Saved entries
----------------

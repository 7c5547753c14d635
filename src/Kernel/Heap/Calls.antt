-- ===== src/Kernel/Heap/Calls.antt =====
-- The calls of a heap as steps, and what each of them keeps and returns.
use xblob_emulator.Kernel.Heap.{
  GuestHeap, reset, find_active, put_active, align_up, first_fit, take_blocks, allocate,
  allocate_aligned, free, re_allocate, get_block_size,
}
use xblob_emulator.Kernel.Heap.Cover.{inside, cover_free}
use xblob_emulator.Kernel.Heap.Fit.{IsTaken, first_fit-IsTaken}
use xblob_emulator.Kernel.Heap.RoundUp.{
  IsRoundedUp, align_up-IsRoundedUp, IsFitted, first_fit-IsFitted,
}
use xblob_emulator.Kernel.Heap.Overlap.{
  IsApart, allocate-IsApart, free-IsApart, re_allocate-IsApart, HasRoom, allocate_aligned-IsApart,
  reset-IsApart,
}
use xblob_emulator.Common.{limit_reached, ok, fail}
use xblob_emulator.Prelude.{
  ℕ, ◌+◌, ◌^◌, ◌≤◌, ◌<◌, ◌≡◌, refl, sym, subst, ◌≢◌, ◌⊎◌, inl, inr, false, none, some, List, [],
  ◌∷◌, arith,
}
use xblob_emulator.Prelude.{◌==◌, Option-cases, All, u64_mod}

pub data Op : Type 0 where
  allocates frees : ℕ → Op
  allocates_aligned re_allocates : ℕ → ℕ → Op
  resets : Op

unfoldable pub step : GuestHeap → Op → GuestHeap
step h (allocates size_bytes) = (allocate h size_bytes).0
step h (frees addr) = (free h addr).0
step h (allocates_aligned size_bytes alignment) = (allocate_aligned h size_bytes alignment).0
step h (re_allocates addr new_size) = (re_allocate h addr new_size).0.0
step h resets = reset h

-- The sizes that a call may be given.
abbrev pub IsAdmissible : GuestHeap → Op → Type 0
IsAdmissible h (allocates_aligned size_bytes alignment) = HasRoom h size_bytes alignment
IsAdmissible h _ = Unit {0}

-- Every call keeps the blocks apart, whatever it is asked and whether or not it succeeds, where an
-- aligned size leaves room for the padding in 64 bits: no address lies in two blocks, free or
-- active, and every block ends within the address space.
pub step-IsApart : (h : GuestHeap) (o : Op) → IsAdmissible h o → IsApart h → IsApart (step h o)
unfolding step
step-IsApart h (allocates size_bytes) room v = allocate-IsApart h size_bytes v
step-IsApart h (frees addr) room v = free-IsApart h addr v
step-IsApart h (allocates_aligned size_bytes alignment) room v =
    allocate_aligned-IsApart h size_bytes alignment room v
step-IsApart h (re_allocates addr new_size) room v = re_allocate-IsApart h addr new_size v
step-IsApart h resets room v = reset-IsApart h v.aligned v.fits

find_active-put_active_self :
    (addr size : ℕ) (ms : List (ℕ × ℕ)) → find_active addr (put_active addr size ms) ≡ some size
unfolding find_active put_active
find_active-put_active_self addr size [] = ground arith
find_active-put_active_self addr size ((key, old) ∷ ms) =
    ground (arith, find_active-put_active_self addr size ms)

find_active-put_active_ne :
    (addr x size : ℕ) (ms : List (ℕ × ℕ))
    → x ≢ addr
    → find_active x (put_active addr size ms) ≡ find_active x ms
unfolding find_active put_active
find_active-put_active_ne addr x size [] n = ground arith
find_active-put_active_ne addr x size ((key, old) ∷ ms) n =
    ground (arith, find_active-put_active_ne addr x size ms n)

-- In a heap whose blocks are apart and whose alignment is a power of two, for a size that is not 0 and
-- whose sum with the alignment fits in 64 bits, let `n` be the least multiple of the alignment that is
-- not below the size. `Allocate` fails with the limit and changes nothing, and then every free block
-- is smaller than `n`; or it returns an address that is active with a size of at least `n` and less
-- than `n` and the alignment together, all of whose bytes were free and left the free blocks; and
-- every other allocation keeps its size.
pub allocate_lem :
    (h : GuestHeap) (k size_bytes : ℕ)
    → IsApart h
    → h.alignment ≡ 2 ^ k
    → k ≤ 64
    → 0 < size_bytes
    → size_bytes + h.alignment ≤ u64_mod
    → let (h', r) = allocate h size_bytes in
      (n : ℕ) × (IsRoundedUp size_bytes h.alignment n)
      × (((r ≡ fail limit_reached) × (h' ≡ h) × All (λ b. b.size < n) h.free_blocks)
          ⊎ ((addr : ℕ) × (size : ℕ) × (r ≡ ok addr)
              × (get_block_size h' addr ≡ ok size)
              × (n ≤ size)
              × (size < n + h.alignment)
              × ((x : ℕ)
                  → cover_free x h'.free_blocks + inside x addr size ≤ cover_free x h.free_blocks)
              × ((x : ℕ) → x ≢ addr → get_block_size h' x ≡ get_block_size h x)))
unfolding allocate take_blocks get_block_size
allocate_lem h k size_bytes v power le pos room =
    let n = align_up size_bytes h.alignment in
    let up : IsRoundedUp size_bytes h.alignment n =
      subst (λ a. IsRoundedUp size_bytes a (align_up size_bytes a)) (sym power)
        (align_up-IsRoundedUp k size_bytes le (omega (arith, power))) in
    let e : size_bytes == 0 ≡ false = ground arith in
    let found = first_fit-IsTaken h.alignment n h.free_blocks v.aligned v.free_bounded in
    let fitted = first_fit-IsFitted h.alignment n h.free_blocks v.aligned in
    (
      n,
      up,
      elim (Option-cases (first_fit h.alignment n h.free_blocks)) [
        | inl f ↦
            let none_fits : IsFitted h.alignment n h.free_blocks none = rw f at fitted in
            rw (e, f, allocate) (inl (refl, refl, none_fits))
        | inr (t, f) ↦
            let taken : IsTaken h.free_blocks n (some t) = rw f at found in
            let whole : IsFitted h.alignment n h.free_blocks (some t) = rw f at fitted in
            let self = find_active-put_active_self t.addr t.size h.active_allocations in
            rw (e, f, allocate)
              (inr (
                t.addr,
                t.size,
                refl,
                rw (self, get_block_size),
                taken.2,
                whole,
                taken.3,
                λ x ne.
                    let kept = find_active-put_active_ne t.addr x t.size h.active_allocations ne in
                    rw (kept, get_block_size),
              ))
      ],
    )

----------------

PROBLEM DESCRIPTION:
Every record, word for word, must be returned.

TASK SOLUTION:
repository 7c5547753c14d635
filename src/Kernel/Heap/Calls.antt
-- ===== src/Kernel/Heap/Calls.antt =====
-- The calls of a heap as steps, and what each of them keeps and returns.
use xblob_emulator.Kernel.Heap.{
  GuestHeap, reset, find_active, put_active, align_up, first_fit, take_blocks, allocate,
  allocate_aligned, free, re_allocate, get_block_size,
}
use xblob_emulator.Kernel.Heap.Cover.{inside, cover_free}
use xblob_emulator.Kernel.Heap.Fit.{IsTaken, first_fit-IsTaken}
use xblob_emulator.Kernel.Heap.RoundUp.{
  IsRoundedUp, align_up-IsRoundedUp, IsFitted, first_fit-IsFitted,
}
use xblob_emulator.Kernel.Heap.Overlap.{
  IsApart, allocate-IsApart, free-IsApart, re_allocate-IsApart, HasRoom, allocate_aligned-IsApart,
  reset-IsApart,
}
use xblob_emulator.Common.{limit_reached, ok, fail}
use xblob_emulator.Prelude.{
  ℕ, ◌+◌, ◌^◌, ◌≤◌, ◌<◌, ◌≡◌, refl, sym, subst, ◌≢◌, ◌⊎◌, inl, inr, false, none, some, List, [],
  ◌∷◌, arith,
}
use xblob_emulator.Prelude.{◌==◌, Option-cases, All, u64_mod}

pub data Op : Type 0 where
  allocates frees : ℕ → Op
  allocates_aligned re_allocates : ℕ → ℕ → Op
  resets : Op

unfoldable pub step : GuestHeap → Op → GuestHeap
step h (allocates size_bytes) = (allocate h size_bytes).0
step h (frees addr) = (free h addr).0
step h (allocates_aligned size_bytes alignment) = (allocate_aligned h size_bytes alignment).0
step h (re_allocates addr new_size) = (re_allocate h addr new_size).0.0
step h resets = reset h

-- The sizes that a call may be given.
abbrev pub IsAdmissible : GuestHeap → Op → Type 0
IsAdmissible h (allocates_aligned size_bytes alignment) = HasRoom h size_bytes alignment
IsAdmissible h _ = Unit {0}

-- Every call keeps the blocks apart, whatever it is asked and whether or not it succeeds, where an
-- aligned size leaves room for the padding in 64 bits: no address lies in two blocks, free or
-- active, and every block ends within the address space.
pub step-IsApart : (h : GuestHeap) (o : Op) → IsAdmissible h o → IsApart h → IsApart (step h o)
unfolding step
step-IsApart h (allocates size_bytes) room v = allocate-IsApart h size_bytes v
step-IsApart h (frees addr) room v = free-IsApart h addr v
step-IsApart h (allocates_aligned size_bytes alignment) room v =
    allocate_aligned-IsApart h size_bytes alignment room v
step-IsApart h (re_allocates addr new_size) room v = re_allocate-IsApart h addr new_size v
step-IsApart h resets room v = reset-IsApart h v.aligned v.fits

find_active-put_active_self :
    (addr size : ℕ) (ms : List (ℕ × ℕ)) → find_active addr (put_active addr size ms) ≡ some size
unfolding find_active put_active
find_active-put_active_self addr size [] = ground arith
find_active-put_active_self addr size ((key, old) ∷ ms) =
    ground (arith, find_active-put_active_self addr size ms)

find_active-put_active_ne :
    (addr x size : ℕ) (ms : List (ℕ × ℕ))
    → x ≢ addr
    → find_active x (put_active addr size ms) ≡ find_active x ms
unfolding find_active put_active
find_active-put_active_ne addr x size [] n = ground arith
find_active-put_active_ne addr x size ((key, old) ∷ ms) n =
    ground (arith, find_active-put_active_ne addr x size ms n)

-- In a heap whose blocks are apart and whose alignment is a power of two, for a size that is not 0 and
-- whose sum with the alignment fits in 64 bits, let `n` be the least multiple of the alignment that is
-- not below the size. `Allocate` fails with the limit and changes nothing, and then every free block
-- is smaller than `n`; or it returns an address that is active with a size of at least `n` and less
-- than `n` and the alignment together, all of whose bytes were free and left the free blocks; and
-- every other allocation keeps its size.
pub allocate_lem :
    (h : GuestHeap) (k size_bytes : ℕ)
    → IsApart h
    → h.alignment ≡ 2 ^ k
    → k ≤ 64
    → 0 < size_bytes
    → size_bytes + h.alignment ≤ u64_mod
    → let (h', r) = allocate h size_bytes in
      (n : ℕ) × (IsRoundedUp size_bytes h.alignment n)
      × (((r ≡ fail limit_reached) × (h' ≡ h) × All (λ b. b.size < n) h.free_blocks)
          ⊎ ((addr : ℕ) × (size : ℕ) × (r ≡ ok addr)
              × (get_block_size h' addr ≡ ok size)
              × (n ≤ size)
              × (size < n + h.alignment)
              × ((x : ℕ)
                  → cover_free x h'.free_blocks + inside x addr size ≤ cover_free x h.free_blocks)
              × ((x : ℕ) → x ≢ addr → get_block_size h' x ≡ get_block_size h x)))
unfolding allocate take_blocks get_block_size
allocate_lem h k size_bytes v power le pos room =
    let n = align_up size_bytes h.alignment in
    let up : IsRoundedUp size_bytes h.alignment n =
      subst (λ a. IsRoundedUp size_bytes a (align_up size_bytes a)) (sym power)
        (align_up-IsRoundedUp k size_bytes le (omega (arith, power))) in
    let e : size_bytes == 0 ≡ false = ground arith in
    let found = first_fit-IsTaken h.alignment n h.free_blocks v.aligned v.free_bounded in
    let fitted = first_fit-IsFitted h.alignment n h.free_blocks v.aligned in
    (
      n,
      up,
      elim (Option-cases (first_fit h.alignment n h.free_blocks)) [
        | inl f ↦
            let none_fits : IsFitted h.alignment n h.free_blocks none = rw f at fitted in
            rw (e, f, allocate) (inl (refl, refl, none_fits))
        | inr (t, f) ↦
            let taken : IsTaken h.free_blocks n (some t) = rw f at found in
            let whole : IsFitted h.alignment n h.free_blocks (some t) = rw f at fitted in
            let self = find_active-put_active_self t.addr t.size h.active_allocations in
            rw (e, f, allocate)
              (inr (
                t.addr,
                t.size,
                refl,
                rw (self, get_block_size),
                taken.2,
                whole,
                taken.3,
                λ x ne.
                    let kept = find_active-put_active_ne t.addr x t.size h.active_allocations ne in
                    rw (kept, get_block_size),
              ))
      ],
    )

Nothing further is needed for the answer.